Over time, these courtyards will mature into interior landscapes, reinforcing Snøhetta’s vision of the campus as an integrated ecological environment rather than a sealed corporate object. Occupying these courtyards are little alpine lodge style buildings, which allow for teams to have offsite meetings without ever leaving the campus.
Art and archival content play an equally important role in reinforcing Ford’s identity. Kolstad describes a global art programme that now includes thousands of pieces across Ford’s facilities. These works combine commissioned art, historical materials and locally sourced pieces from regional artists. She says the archives themselves became a valuable resource, allowing Ford to reconnect with its own heritage. “Our archives are incredible,” she says, noting that many materials had never previously been publicly displayed.
One installation, which bears more than a passing resemblance to a Damien Hirst spot painting, catalogues Ford’s historic paint colours, transforming industrial material into cultural artefact.

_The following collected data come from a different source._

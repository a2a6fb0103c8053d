-- ===== src/Protocol.antt =====
-- The wire protocol: protocol/include/gravity_protocol.h and protocol/src/gravity_protocol.c.
pub mod Opcode
pub mod Names
pub mod Header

Kolstad explains that the team identified hundreds of significant colours from Ford’s history and displayed them as a visual timeline. “We catalogued our Ford historical colours starting from Model T black,” Kolstad says. “Picked out hundreds of our most significant colours moving across the ages.”

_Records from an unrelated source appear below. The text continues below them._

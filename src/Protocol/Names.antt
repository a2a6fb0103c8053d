-- ===== src/Protocol/Names.antt =====
-- The name table and `gravity_cmd_name` of protocol/src/gravity_protocol.c.
use Prim.Native.String.{String}
use mathlib.Core.Option.{Option, none, some}
use mathlib.Core.List.{List, [], ◌∷◌}
use text.Mathlib.Text.{◌==◌ as str_eq}
use gravity_gpu_project.Prelude.{ℕ, ◌==◌, if◌then◌else◌, ◌≡◌, refl}
use gravity_gpu_project.Protocol.Opcode.{
  CmdOp, opcode, nop, hello, goodbye, ping, pong, get_device_info, device_info_response,
  create_buffer, destroy_buffer, create_texture, destroy_texture, create_sampler, destroy_sampler,
  create_shader, destroy_shader, create_render_pipeline, destroy_render_pipeline,
  create_compute_pipeline, destroy_compute_pipeline, create_depth_stencil, destroy_depth_stencil,
  cmdbuf_create, cmdbuf_commit, cmdbuf_wait, cmdbuf_completed, render_begin, render_end,
  render_set_pipeline, render_set_vertex_buffer, render_set_fragment_buffer,
  render_set_fragment_texture, render_set_fragment_sampler, render_set_vertex_texture,
  render_set_vertex_sampler, render_set_viewport, render_set_scissor, render_set_cull_mode,
  render_set_winding, render_set_depth_stencil, render_set_depth_bias, render_set_stencil_ref,
  render_set_blend_color, render_set_triangle_fill, render_draw, render_draw_indexed,
  render_draw_instanced, render_draw_indexed_instanced, render_draw_indirect, compute_begin,
  compute_end, compute_set_pipeline, compute_set_buffer, compute_set_texture, compute_set_sampler,
  compute_dispatch, compute_dispatch_indirect, blit_begin, blit_end, blit_copy_buffer,
  blit_copy_texture, blit_copy_buf_to_tex, blit_copy_tex_to_buf, blit_generate_mipmaps,
  blit_fill_buffer, blit_synchronize, create_fence, destroy_fence, wait_fence, signal_fence,
  create_event, destroy_event, upload_data, readback_data, present, resize_display,
}

-- `gravity_cmd_name_entry_t`
pub record NameEntry : Type 0 where
  pub op : CmdOp
  pub name : String

entry : CmdOp → String → NameEntry
entry c s = record { op = c; name = s }

pub cmd_names : List NameEntry
unfolding entry
cmd_names =
    entry nop "NOP"
    ∷ entry hello "HELLO"
    ∷ entry goodbye "GOODBYE"
    ∷ entry ping "PING"
    ∷ entry pong "PONG"
    ∷ entry get_device_info "GET_DEVICE_INFO"
    ∷ entry device_info_response "DEVICE_INFO_RESPONSE"
    ∷ entry create_buffer "CREATE_BUFFER"
    ∷ entry destroy_buffer "DESTROY_BUFFER"
    ∷ entry create_texture "CREATE_TEXTURE"
    ∷ entry destroy_texture "DESTROY_TEXTURE"
    ∷ entry create_sampler "CREATE_SAMPLER"
    ∷ entry destroy_sampler "DESTROY_SAMPLER"
    ∷ entry create_shader "CREATE_SHADER"
    ∷ entry destroy_shader "DESTROY_SHADER"
    ∷ entry create_render_pipeline "CREATE_RENDER_PIPELINE"
    ∷ entry destroy_render_pipeline "DESTROY_RENDER_PIPELINE"
    ∷ entry create_compute_pipeline "CREATE_COMPUTE_PIPELINE"
    ∷ entry destroy_compute_pipeline "DESTROY_COMPUTE_PIPELINE"
    ∷ entry create_depth_stencil "CREATE_DEPTH_STENCIL"
    ∷ entry destroy_depth_stencil "DESTROY_DEPTH_STENCIL"
    ∷ entry cmdbuf_create "CMDBUF_CREATE"
    ∷ entry cmdbuf_commit "CMDBUF_COMMIT"
    ∷ entry cmdbuf_wait "CMDBUF_WAIT"
    ∷ entry cmdbuf_completed "CMDBUF_COMPLETED"
    ∷ entry render_begin "RENDER_BEGIN"
    ∷ entry render_end "RENDER_END"
    ∷ entry render_set_pipeline "RENDER_SET_PIPELINE"
    ∷ entry render_set_vertex_buffer "RENDER_SET_VERTEX_BUFFER"
    ∷ entry render_set_fragment_buffer "RENDER_SET_FRAGMENT_BUFFER"
    ∷ entry render_set_fragment_texture "RENDER_SET_FRAGMENT_TEXTURE"
    ∷ entry render_set_fragment_sampler "RENDER_SET_FRAGMENT_SAMPLER"
    ∷ entry render_set_vertex_texture "RENDER_SET_VERTEX_TEXTURE"
    ∷ entry render_set_vertex_sampler "RENDER_SET_VERTEX_SAMPLER"
    ∷ entry render_set_viewport "RENDER_SET_VIEWPORT"
    ∷ entry render_set_scissor "RENDER_SET_SCISSOR"
    ∷ entry render_set_cull_mode "RENDER_SET_CULL_MODE"
    ∷ entry render_set_winding "RENDER_SET_WINDING"
    ∷ entry render_set_depth_stencil "RENDER_SET_DEPTH_STENCIL"
    ∷ entry render_set_depth_bias "RENDER_SET_DEPTH_BIAS"
    ∷ entry render_set_stencil_ref "RENDER_SET_STENCIL_REF"
    ∷ entry render_set_blend_color "RENDER_SET_BLEND_COLOR"
    ∷ entry render_set_triangle_fill "RENDER_SET_TRIANGLE_FILL"
    ∷ entry render_draw "RENDER_DRAW"
    ∷ entry render_draw_indexed "RENDER_DRAW_INDEXED"
    ∷ entry render_draw_instanced "RENDER_DRAW_INSTANCED"
    ∷ entry render_draw_indexed_instanced "RENDER_DRAW_INDEXED_INSTANCED"
    ∷ entry render_draw_indirect "RENDER_DRAW_INDIRECT"
    ∷ entry compute_begin "COMPUTE_BEGIN"
    ∷ entry compute_end "COMPUTE_END"
    ∷ entry compute_set_pipeline "COMPUTE_SET_PIPELINE"
    ∷ entry compute_set_buffer "COMPUTE_SET_BUFFER"
    ∷ entry compute_set_texture "COMPUTE_SET_TEXTURE"
    ∷ entry compute_set_sampler "COMPUTE_SET_SAMPLER"
    ∷ entry compute_dispatch "COMPUTE_DISPATCH"
    ∷ entry compute_dispatch_indirect "COMPUTE_DISPATCH_INDIRECT"
    ∷ entry blit_begin "BLIT_BEGIN"
    ∷ entry blit_end "BLIT_END"
    ∷ entry blit_copy_buffer "BLIT_COPY_BUFFER"
    ∷ entry blit_copy_texture "BLIT_COPY_TEXTURE"
    ∷ entry blit_copy_buf_to_tex "BLIT_COPY_BUF_TO_TEX"
    ∷ entry blit_copy_tex_to_buf "BLIT_COPY_TEX_TO_BUF"
    ∷ entry blit_generate_mipmaps "BLIT_GENERATE_MIPMAPS"
    ∷ entry blit_fill_buffer "BLIT_FILL_BUFFER"
    ∷ entry blit_synchronize "BLIT_SYNCHRONIZE"
    ∷ entry create_fence "CREATE_FENCE"
    ∷ entry destroy_fence "DESTROY_FENCE"
    ∷ entry wait_fence "WAIT_FENCE"
    ∷ entry signal_fence "SIGNAL_FENCE"
    ∷ entry create_event "CREATE_EVENT"
    ∷ entry destroy_event "DESTROY_EVENT"
    ∷ entry upload_data "UPLOAD_DATA"
    ∷ entry readback_data "READBACK_DATA"
    ∷ entry present "PRESENT"
    ∷ entry resize_display "RESIZE_DISPLAY"
    ∷ []

find_name : List NameEntry → ℕ → String
find_name [] code = "UNKNOWN"
find_name (e ∷ es) code = if opcode e.op == code then e.name else find_name es code

pub cmd_name : ℕ → String
unfolding find_name cmd_names
cmd_name code = find_name cmd_names code

-- The reverse reading of the table: the first opcode under a name.
find_op : List NameEntry → String → Option CmdOp
find_op [] s = none
find_op (e ∷ es) s = if str_eq e.name s then some e.op else find_op es s

pub op_of_name : String → Option CmdOp
unfolding find_op cmd_names
op_of_name s = find_op cmd_names s

-- The name that `gravity_cmd_name` gives an opcode is in the table for that opcode only: looking
-- the name up finds the opcode again.
pub op_of_name-cmd_name : (c : CmdOp) → op_of_name (cmd_name (opcode c)) ≡ some c
unfolding op_of_name cmd_name opcode
op_of_name-cmd_name nop = refl
op_of_name-cmd_name hello = refl
op_of_name-cmd_name goodbye = refl
op_of_name-cmd_name ping = refl
op_of_name-cmd_name pong = refl
op_of_name-cmd_name get_device_info = refl
op_of_name-cmd_name device_info_response = refl
op_of_name-cmd_name create_buffer = refl
op_of_name-cmd_name destroy_buffer = refl
op_of_name-cmd_name create_texture = refl
op_of_name-cmd_name destroy_texture = refl
op_of_name-cmd_name create_sampler = refl
op_of_name-cmd_name destroy_sampler = refl
op_of_name-cmd_name create_shader = refl
op_of_name-cmd_name destroy_shader = refl
op_of_name-cmd_name create_render_pipeline = refl
op_of_name-cmd_name destroy_render_pipeline = refl
op_of_name-cmd_name create_compute_pipeline = refl
op_of_name-cmd_name destroy_compute_pipeline = refl
op_of_name-cmd_name create_depth_stencil = refl
op_of_name-cmd_name destroy_depth_stencil = refl
op_of_name-cmd_name cmdbuf_create = refl
op_of_name-cmd_name cmdbuf_commit = refl
op_of_name-cmd_name cmdbuf_wait = refl
op_of_name-cmd_name cmdbuf_completed = refl
op_of_name-cmd_name render_begin = refl
op_of_name-cmd_name render_end = refl
op_of_name-cmd_name render_set_pipeline = refl
op_of_name-cmd_name render_set_vertex_buffer = refl
op_of_name-cmd_name render_set_fragment_buffer = refl
op_of_name-cmd_name render_set_fragment_texture = refl
op_of_name-cmd_name render_set_fragment_sampler = refl
op_of_name-cmd_name render_set_vertex_texture = refl
op_of_name-cmd_name render_set_vertex_sampler = refl
op_of_name-cmd_name render_set_viewport = refl
op_of_name-cmd_name render_set_scissor = refl
op_of_name-cmd_name render_set_cull_mode = refl
op_of_name-cmd_name render_set_winding = refl
op_of_name-cmd_name render_set_depth_stencil = refl
op_of_name-cmd_name render_set_depth_bias = refl
op_of_name-cmd_name render_set_stencil_ref = refl
op_of_name-cmd_name render_set_blend_color = refl
op_of_name-cmd_name render_set_triangle_fill = refl
op_of_name-cmd_name render_draw = refl
op_of_name-cmd_name render_draw_indexed = refl
op_of_name-cmd_name render_draw_instanced = refl
op_of_name-cmd_name render_draw_indexed_instanced = refl
op_of_name-cmd_name render_draw_indirect = refl
op_of_name-cmd_name compute_begin = refl
op_of_name-cmd_name compute_end = refl
op_of_name-cmd_name compute_set_pipeline = refl
op_of_name-cmd_name compute_set_buffer = refl
op_of_name-cmd_name compute_set_texture = refl
op_of_name-cmd_name compute_set_sampler = refl
op_of_name-cmd_name compute_dispatch = refl
op_of_name-cmd_name compute_dispatch_indirect = refl
op_of_name-cmd_name blit_begin = refl
op_of_name-cmd_name blit_end = refl
op_of_name-cmd_name blit_copy_buffer = refl
op_of_name-cmd_name blit_copy_texture = refl
op_of_name-cmd_name blit_copy_buf_to_tex = refl
op_of_name-cmd_name blit_copy_tex_to_buf = refl
op_of_name-cmd_name blit_generate_mipmaps = refl
op_of_name-cmd_name blit_fill_buffer = refl
op_of_name-cmd_name blit_synchronize = refl
op_of_name-cmd_name create_fence = refl
op_of_name-cmd_name destroy_fence = refl
op_of_name-cmd_name wait_fence = refl
op_of_name-cmd_name signal_fence = refl
op_of_name-cmd_name create_event = refl
op_of_name-cmd_name destroy_event = refl
op_of_name-cmd_name upload_data = refl
op_of_name-cmd_name readback_data = refl
op_of_name-cmd_name present = refl
op_of_name-cmd_name resize_display = refl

Continuity between past and present was also achieved through the reuse of historic furniture. Kolstad notes that legacy boardroom tables and even Henry Ford’s desk were preserved and integrated into contemporary spaces. These elements provide continuity while reinforcing the sense of evolution rather than rupture.

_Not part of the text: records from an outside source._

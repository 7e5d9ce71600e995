-- ===== src/Routes/Snapshot.antt =====
-- go/web/frontend/src/hooks/useSelectedHistorySnapshot.ts: which sample of a history is shown.
-- The samples come from the hook `useHistorySamples`. `setSampleIndex` gets the value of a range
-- input whose least value is 0, so an index is a natural number, and `Math.max(i, 0)` is `i`.
pub mod Chosen
use instace_metric_collector.Common.{
  ℕ, ◌-◌, ◌==◌, min, Str, Bool, true, false, not, ◌||◌, List, [], ◌∷◌, Option, length, get_elem?,
  if◌then◌else◌,
}
use instace_metric_collector.Api.Types.{MetricsSnapshot}
use instace_metric_collector.Domain.HistorySeries.{
  HistoryTimeRange, one_hour, six_hours, day, week, sort_samples_asc,
}

-- The index, and what the effect that resets it depends on, as of its last run.
pub record Selection : Type 0 where
  pub sample_index : ℕ
  pub seen_range : HistoryTimeRange
  pub seen_length : ℕ

abbrev range_eq : HistoryTimeRange → HistoryTimeRange → Bool
range_eq one_hour one_hour = true
range_eq six_hours six_hours = true
range_eq day day = true
range_eq week week = true
range_eq _ _ = false

-- After a render the effect runs if the range or the number of samples has changed.
unfoldable pub reset_effect : HistoryTimeRange → ℕ → Selection → Selection
reset_effect range n s =
    if not (range_eq s.seen_range range) || not (s.seen_length == n)
    then record { sample_index = 0; seen_range = range; seen_length = n }
    else s

unfoldable pub set_sample_index : ℕ → Selection → Selection
set_sample_index i s = record s { sample_index = i }

unfoldable pub safe_index : ℕ → ℕ → ℕ
safe_index n index = if n == 0 then 0 else min index (n - 1)

module _ {F : Type 0} (date_ms : Str → Option ℕ) where
  unfoldable pub snapshot : List (MetricsSnapshot F) → Selection → Option (MetricsSnapshot F)
  snapshot samples s =
      let sorted = sort_samples_asc date_ms samples in
      get_elem? sorted (safe_index (length sorted) s.sample_index)
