-- ===== src/Components/TimeBar/Choosing.antt =====
-- What the time bar marks, and which samples its slider can choose.
use instace_metric_collector.Common.{
  ℕ, zero, suc, ◌≤◌, ◌<◌, ltb, leb, Str, same, Bool, true, List, [], ◌∷◌, length, get_elem?, In,
  here, there, Option, some, or_else, leb→le, All-of_In, ◌≡◌, refl, sym, ap, ◌∙◌, arith,
}
use instace_metric_collector.Common.Sort.{
  In-sort_by, sort_by, sort_by-In, sort_by_congr, sorted_at, sort_by-IsSorted, elem-In,
}
use instace_metric_collector.Api.Types.{MetricsSnapshot}
use instace_metric_collector.Domain.HistorySeries.{
  HistoryTimeRange, one_hour, six_hours, day, week, sort_samples_asc,
}
use instace_metric_collector.Domain.HistorySeries.Laws.{leb-IsPreorder}
use instace_metric_collector.Components.Tabs.{
  Tab, TabRow, marker, marker_index, find_index, pill_tabs, segmented_control,
}
use instace_metric_collector.Components.TimeBar.{
  range_id, range_options, time_range_picker, Slider, max_index, given_text, slider,
}
use instace_metric_collector.Routes.Snapshot.{Selection, set_sample_index, safe_index, snapshot}

-- The button at the marker.
abbrev marked : TabRow → Option (Tab × Bool)
marked row = get_elem? row.buttons row.marker.index

position : HistoryTimeRange → ℕ
position one_hour = 0
position six_hours = 1
position day = 2
position week = 3

range_at : ℕ → HistoryTimeRange
range_at zero = one_hour
range_at (suc zero) = six_hours
range_at (suc (suc zero)) = day
range_at (suc (suc (suc n))) = week

at_position : (range : HistoryTimeRange) → range_at (position range) ≡ range
unfolding range_at position
at_position one_hour = refl
at_position six_hours = refl
at_position day = refl
at_position week = refl

picker_index :
    (t : Str → Str) (range : HistoryTimeRange)
    → (time_range_picker t range).marker.index ≡ position range
unfolding time_range_picker range_options segmented_control pill_tabs marker marker_index find_index
    same position
picker_index t one_hour = refl
picker_index t six_hours = refl
picker_index t day = refl
picker_index t week = refl

picker_marked :
    (t : Str → Str) (range : HistoryTimeRange)
    → (tab : Tab) × (marked (time_range_picker t range) ≡ some (tab, true))
      × (tab.id ≡ range_id range)
unfolding time_range_picker range_options segmented_control pill_tabs marker marker_index find_index
    same
picker_marked t one_hour = (_, refl, refl)
picker_marked t six_hours = (_, refl, refl)
picker_marked t day = (_, refl, refl)
picker_marked t week = (_, refl, refl)

-- For each range the marker of the picker stands behind the button of that range, which is the
-- active one, and no other range has its marker there.
pub time_range_picker_lem :
    (t : Str → Str) (range : HistoryTimeRange)
    → ((tab : Tab) × (marked (time_range_picker t range) ≡ some (tab, true))
        × (tab.id ≡ range_id range))
      × ((other : HistoryTimeRange)
          → (time_range_picker t other).marker.index ≡ (time_range_picker t range).marker.index
          → other ≡ range)
time_range_picker_lem t range = (
  picker_marked t range,
  λ other e.
      sym (at_position other)
      ∙ (ap range_at (sym (picker_index t other) ∙ (e ∙ picker_index t range)) ∙ at_position range),
)

index_of {ℓ} :
    {A : Type ℓ} (xs : List A) {y : A}
    → In y xs
    → (i : ℕ) × (i < length xs) × (get_elem? xs i ≡ some y)
index_of [] m = elim m [ ]
index_of (x ∷ xs) (here e) = (0, omega arith, ap some (sym e))
index_of (x ∷ xs) (there m) = let (i, l, e) = index_of xs m in (suc i, omega arith, e)

at_index {ℓ} :
    {A : Type ℓ} (xs : List A) (i : ℕ) → i < length xs → (x : A) × (get_elem? xs i ≡ some x)
at_index [] i h = absurd (omega (arith, h))
at_index (x ∷ xs) zero h = (x, refl)
at_index (x ∷ xs) (suc i) h = at_index xs i (omega (arith, h))

in_range : (n i : ℕ) → i < n → safe_index n i ≡ i
unfolding safe_index
in_range n i h = ground arith

sorted_empty :
    {F : Type 0} (date_ms : Str → Option ℕ) (samples : List (MetricsSnapshot F))
    {y : MetricsSnapshot F}
    → In y samples
    → 0 < length (sort_samples_asc date_ms samples)
unfolding sort_samples_asc
sorted_empty date_ms samples m =
    let (i, l, e) = index_of (sort_samples_asc date_ms samples) (In-sort_by _ samples m) in
    omega (arith, l)

module _ {F : Type 0} (date_ms : Str → Option ℕ) (samples : List (MetricsSnapshot F))
    (s : Selection) where
  abbrev sorted : List (MetricsSnapshot F)
  sorted = sort_samples_asc date_ms samples

  chosen_at :
      (i : ℕ)
      → i < length sorted
      → snapshot date_ms samples (set_sample_index i s) ≡ get_elem? sorted i
  unfolding snapshot set_sample_index
  chosen_at i h = ap (get_elem? sorted) (in_range _ i h)

  chosen_of :
      {y : MetricsSnapshot F}
      → In y samples
      → (i : ℕ) × (i < length sorted) × (snapshot date_ms samples (set_sample_index i s) ≡ some y)
  unfolding sort_samples_asc
  chosen_of m =
      let (i, l, e) = index_of sorted (In-sort_by _ samples m) in (i, l, chosen_at i l ∙ e)

  sorted-In : {x : MetricsSnapshot F} → In x sorted → In x samples
  unfolding sort_samples_asc
  sorted-In m = sort_by-In _ samples m

  date_or_zero : MetricsSnapshot F → ℕ
  date_or_zero x = or_else (date_ms x.collected_at) 0

  -- With dates that can be read the samples are in the order of their instants.
  sorted_by_date :
      ((x : MetricsSnapshot F) → In x samples → (t : ℕ) × (date_ms x.collected_at ≡ some t))
      → sorted ≡ sort_by (λ a b. leb (date_or_zero a) (date_or_zero b)) samples
  unfolding sort_samples_asc date_or_zero
  sorted_by_date valid =
      sort_by_congr _ _ (λ x. (t : ℕ) × (date_ms x.collected_at ≡ some t))
        (λ a b (t, e) (u, k). rw (e, k) refl) samples (All-of_In _ samples valid)

  not_later :
      ((x : MetricsSnapshot F) → In x samples → (t : ℕ) × (date_ms x.collected_at ≡ some t))
      → (i j : ℕ) (a b : MetricsSnapshot F) (p q : ℕ) → i < j
      → get_elem? sorted i ≡ some a
      → get_elem? sorted j ≡ some b
      → date_ms a.collected_at ≡ some p
      → date_ms b.collected_at ≡ some q
      → p ≤ q
  unfolding date_or_zero
  not_later valid i j a b p q l g k u w =
      let e = sorted_by_date valid in
      let h =
        sorted_at (λ a b. leb (date_or_zero a) (date_or_zero b)) _
          (sort_by-IsSorted _ (leb-IsPreorder date_or_zero) samples) i j l
          (ap (λ xs. get_elem? xs i) (sym e) ∙ g) (ap (λ xs. get_elem? xs j) (sym e) ∙ k) in
      leb→le p q (rw (u, w) at h)

  -- For a history with a sample `y`, whose samples all have dates that can be read, there is a
  -- slider; each of its places shows a sample, one of them shows `y`, and of two places the left one
  -- shows a sample that is not later than that of the right one.
  pub slider_reaches :
      (given : Option Str) (y : MetricsSnapshot F)
      → In y samples
      → ((x : MetricsSnapshot F) → In x samples → (t : ℕ) × (date_ms x.collected_at ≡ some t))
      → (v : Slider) × (slider (safe_index (length sorted) s.sample_index) (length sorted) given
          ≡ some v)
        × ((i : ℕ)
            → i ≤ v.maximum
            → (x : MetricsSnapshot F) × In x samples
              × (snapshot date_ms samples (set_sample_index i s) ≡ some x))
        × ((i : ℕ) × (i ≤ v.maximum) × (snapshot date_ms samples (set_sample_index i s) ≡ some y))
        × ((i j : ℕ) (a b : MetricsSnapshot F) (p q : ℕ)
            → i < j
            → j ≤ v.maximum
            → snapshot date_ms samples (set_sample_index i s) ≡ some a
            → snapshot date_ms samples (set_sample_index j s) ≡ some b
            → date_ms a.collected_at ≡ some p
            → date_ms b.collected_at ≡ some q
            → p ≤ q)
  unfolding slider max_index
  slider_reaches given y m valid =
      let n = sorted_empty date_ms samples m in
      let e : ltb 0 (length sorted) ≡ true = ground arith in
      let (i, l, f) = chosen_of m in
      (
        record {
          maximum = max_index (length sorted);
          value = safe_index (length sorted) s.sample_index;
          is_disabled = leb (length sorted) 1;
          collected_at = given_text given;
        },
        rw e refl,
        (λ j h.
            let (x, g) = at_index sorted j (omega (arith, n, h)) in
            (x, sorted-In (elem-In sorted j g), chosen_at j (omega (arith, n, h)) ∙ g)),
        (i, omega (arith, l), f),
        λ i j a b p q l h g k u w.
            not_later valid i j a b p q l (sym (chosen_at i (omega (arith, n, l, h))) ∙ g)
              (sym (chosen_at j (omega (arith, n, h))) ∙ k) u w,
      )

Snøhetta’s building provides the structural framework. Kolstad’s global programme gives it meaning
For Kolstad, architecture is ultimately a tool for shaping culture. She says one of her first priorities upon joining Ford was to understand the company’s workforce demographics. The goal, she explains, was to design environments that would support a broader and more diverse population. She believes inclusive design benefits everyone. “If you can design for people who are specifically neurosensitive, then you’re actually designing for a broader population,” she says.
For Kolstad, architecture is ultimately a tool for shaping organisational culture. When she joined Ford, demographic data made the urgency clear. “Within ten years, 60% of our workforce would churn,” she says. The workplace needed to evolve alongside that shift.
The building’s design supports that evolution by prioritising wellbeing, collaboration and inclusivity. Architecture becomes a framework for organisational transformation rather than simply a container for it.
Snøhetta’s building provides the structural framework. Kolstad’s global programme gives it meaning. Together, they have created a headquarters that reflects Ford’s effort to redefine itself, not just through its vehicles, but through the environments in which its future is imagined and built. The result is a headquarters that reflects Ford’s effort to modernise while remaining anchored in its heritage. Rather than simply housing employees, the building expresses the company’s ambitions. It signals a shift not only in how Ford designs vehicles, but in how it designs itself.